TASK: Output exactly the lines that run from the top of the entries to the line holding "havoc_of x = if", including both of those lines.

Stored items:

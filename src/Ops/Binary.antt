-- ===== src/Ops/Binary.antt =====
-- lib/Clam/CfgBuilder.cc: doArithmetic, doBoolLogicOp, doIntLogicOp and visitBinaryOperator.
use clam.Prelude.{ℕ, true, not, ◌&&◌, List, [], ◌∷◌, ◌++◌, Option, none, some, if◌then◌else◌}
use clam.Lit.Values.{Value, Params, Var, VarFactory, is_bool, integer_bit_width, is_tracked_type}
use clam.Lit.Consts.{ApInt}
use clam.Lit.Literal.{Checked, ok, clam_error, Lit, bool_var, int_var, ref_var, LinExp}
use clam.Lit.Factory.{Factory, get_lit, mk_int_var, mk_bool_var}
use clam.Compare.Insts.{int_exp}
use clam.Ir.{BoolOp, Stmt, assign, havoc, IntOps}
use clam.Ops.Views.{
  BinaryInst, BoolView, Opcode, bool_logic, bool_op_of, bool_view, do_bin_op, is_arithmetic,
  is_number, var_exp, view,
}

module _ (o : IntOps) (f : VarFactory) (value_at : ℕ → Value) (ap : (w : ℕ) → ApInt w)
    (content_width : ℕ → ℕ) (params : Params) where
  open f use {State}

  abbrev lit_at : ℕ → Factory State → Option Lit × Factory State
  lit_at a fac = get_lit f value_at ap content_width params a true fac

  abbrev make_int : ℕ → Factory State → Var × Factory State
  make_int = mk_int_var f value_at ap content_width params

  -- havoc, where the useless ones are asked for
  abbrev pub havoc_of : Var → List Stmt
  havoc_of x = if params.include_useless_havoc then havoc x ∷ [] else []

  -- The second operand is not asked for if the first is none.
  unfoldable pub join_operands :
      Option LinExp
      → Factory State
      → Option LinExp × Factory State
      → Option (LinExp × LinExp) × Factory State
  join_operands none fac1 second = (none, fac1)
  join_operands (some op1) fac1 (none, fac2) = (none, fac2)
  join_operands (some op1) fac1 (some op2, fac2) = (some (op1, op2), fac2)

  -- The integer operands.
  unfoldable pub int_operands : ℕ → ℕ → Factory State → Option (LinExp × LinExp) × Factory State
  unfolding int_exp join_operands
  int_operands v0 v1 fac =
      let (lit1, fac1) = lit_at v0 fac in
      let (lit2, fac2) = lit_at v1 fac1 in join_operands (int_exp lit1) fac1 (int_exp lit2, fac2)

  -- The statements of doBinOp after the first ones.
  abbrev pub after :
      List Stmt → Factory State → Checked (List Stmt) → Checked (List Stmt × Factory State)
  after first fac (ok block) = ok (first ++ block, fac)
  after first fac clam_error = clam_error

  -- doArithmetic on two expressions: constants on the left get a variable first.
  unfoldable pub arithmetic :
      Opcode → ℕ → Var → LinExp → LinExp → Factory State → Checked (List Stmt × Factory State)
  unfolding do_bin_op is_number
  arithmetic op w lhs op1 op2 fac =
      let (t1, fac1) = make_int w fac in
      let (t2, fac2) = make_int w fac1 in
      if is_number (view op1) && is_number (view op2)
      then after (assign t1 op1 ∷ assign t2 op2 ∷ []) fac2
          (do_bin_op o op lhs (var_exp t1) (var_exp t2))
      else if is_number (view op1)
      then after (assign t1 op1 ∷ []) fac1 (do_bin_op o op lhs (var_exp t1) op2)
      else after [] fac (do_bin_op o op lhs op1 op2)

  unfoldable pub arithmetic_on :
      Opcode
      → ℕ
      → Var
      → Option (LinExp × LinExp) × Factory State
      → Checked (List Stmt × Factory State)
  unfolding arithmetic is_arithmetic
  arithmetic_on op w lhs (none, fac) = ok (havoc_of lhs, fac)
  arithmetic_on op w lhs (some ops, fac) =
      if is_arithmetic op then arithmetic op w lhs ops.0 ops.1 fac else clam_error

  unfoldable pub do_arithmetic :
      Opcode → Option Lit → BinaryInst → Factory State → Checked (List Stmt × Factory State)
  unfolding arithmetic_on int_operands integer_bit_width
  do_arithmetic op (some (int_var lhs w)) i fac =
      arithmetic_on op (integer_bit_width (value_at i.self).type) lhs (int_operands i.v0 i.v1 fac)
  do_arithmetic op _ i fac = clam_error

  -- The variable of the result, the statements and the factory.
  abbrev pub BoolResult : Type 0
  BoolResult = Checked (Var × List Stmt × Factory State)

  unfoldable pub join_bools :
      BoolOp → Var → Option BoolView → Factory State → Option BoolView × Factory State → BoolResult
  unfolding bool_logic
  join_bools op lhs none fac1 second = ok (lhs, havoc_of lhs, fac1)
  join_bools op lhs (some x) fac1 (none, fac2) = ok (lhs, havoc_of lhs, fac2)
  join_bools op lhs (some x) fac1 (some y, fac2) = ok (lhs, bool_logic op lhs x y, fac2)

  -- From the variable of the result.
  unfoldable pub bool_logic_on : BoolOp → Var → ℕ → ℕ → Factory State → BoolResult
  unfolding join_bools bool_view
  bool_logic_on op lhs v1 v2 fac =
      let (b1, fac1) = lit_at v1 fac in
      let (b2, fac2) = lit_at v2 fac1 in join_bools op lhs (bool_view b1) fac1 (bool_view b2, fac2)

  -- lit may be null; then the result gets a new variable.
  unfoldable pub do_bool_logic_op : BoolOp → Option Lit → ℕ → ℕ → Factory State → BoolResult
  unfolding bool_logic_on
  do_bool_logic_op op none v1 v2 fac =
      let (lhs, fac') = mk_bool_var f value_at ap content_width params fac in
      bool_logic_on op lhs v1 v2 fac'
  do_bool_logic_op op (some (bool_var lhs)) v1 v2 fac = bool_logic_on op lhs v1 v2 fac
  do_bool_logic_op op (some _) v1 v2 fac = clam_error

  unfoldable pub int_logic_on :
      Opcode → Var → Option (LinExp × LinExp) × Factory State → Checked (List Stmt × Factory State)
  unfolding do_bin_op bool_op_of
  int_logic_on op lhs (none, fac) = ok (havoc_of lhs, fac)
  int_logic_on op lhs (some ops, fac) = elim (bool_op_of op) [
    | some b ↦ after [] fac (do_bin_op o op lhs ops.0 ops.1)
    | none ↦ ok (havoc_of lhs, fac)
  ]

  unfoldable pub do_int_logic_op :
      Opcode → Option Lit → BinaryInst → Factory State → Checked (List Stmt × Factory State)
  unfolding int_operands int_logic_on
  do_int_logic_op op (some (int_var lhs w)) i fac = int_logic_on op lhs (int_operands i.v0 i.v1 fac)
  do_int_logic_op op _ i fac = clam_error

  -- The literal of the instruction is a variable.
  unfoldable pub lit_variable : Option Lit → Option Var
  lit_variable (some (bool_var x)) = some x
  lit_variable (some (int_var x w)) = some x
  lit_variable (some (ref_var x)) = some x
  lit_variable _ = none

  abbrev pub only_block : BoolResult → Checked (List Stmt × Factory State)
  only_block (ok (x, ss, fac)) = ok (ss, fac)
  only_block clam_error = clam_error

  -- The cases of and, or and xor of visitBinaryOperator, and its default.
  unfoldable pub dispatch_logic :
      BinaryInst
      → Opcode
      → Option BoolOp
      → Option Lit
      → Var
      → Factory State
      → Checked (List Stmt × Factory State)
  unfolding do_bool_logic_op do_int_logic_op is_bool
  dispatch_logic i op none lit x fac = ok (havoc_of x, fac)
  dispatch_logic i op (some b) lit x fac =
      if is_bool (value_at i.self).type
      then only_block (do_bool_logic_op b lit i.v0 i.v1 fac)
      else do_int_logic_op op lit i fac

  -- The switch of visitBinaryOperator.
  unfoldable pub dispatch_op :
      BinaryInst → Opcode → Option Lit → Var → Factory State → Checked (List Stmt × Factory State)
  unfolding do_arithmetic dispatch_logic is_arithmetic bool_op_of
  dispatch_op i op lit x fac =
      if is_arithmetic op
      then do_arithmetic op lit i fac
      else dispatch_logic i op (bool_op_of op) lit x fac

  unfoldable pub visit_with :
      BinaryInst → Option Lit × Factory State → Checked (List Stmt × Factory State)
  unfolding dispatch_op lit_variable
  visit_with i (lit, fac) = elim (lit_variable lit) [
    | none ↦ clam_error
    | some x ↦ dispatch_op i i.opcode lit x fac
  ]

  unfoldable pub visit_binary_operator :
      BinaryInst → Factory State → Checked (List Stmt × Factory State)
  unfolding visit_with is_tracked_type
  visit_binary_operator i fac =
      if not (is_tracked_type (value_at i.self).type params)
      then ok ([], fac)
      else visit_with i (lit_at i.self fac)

OUTPUT FOR THIS EXERCISE:
filename src/Ops/Binary.antt
-- ===== src/Ops/Binary.antt =====
-- lib/Clam/CfgBuilder.cc: doArithmetic, doBoolLogicOp, doIntLogicOp and visitBinaryOperator.
use clam.Prelude.{ℕ, true, not, ◌&&◌, List, [], ◌∷◌, ◌++◌, Option, none, some, if◌then◌else◌}
use clam.Lit.Values.{Value, Params, Var, VarFactory, is_bool, integer_bit_width, is_tracked_type}
use clam.Lit.Consts.{ApInt}
use clam.Lit.Literal.{Checked, ok, clam_error, Lit, bool_var, int_var, ref_var, LinExp}
use clam.Lit.Factory.{Factory, get_lit, mk_int_var, mk_bool_var}
use clam.Compare.Insts.{int_exp}
use clam.Ir.{BoolOp, Stmt, assign, havoc, IntOps}
use clam.Ops.Views.{
  BinaryInst, BoolView, Opcode, bool_logic, bool_op_of, bool_view, do_bin_op, is_arithmetic,
  is_number, var_exp, view,
}

module _ (o : IntOps) (f : VarFactory) (value_at : ℕ → Value) (ap : (w : ℕ) → ApInt w)
    (content_width : ℕ → ℕ) (params : Params) where
  open f use {State}

  abbrev lit_at : ℕ → Factory State → Option Lit × Factory State
  lit_at a fac = get_lit f value_at ap content_width params a true fac

  abbrev make_int : ℕ → Factory State → Var × Factory State
  make_int = mk_int_var f value_at ap content_width params

  -- havoc, where the useless ones are asked for
  abbrev pub havoc_of : Var → List Stmt
  havoc_of x = if params.include_useless_havoc then havoc x ∷ [] else []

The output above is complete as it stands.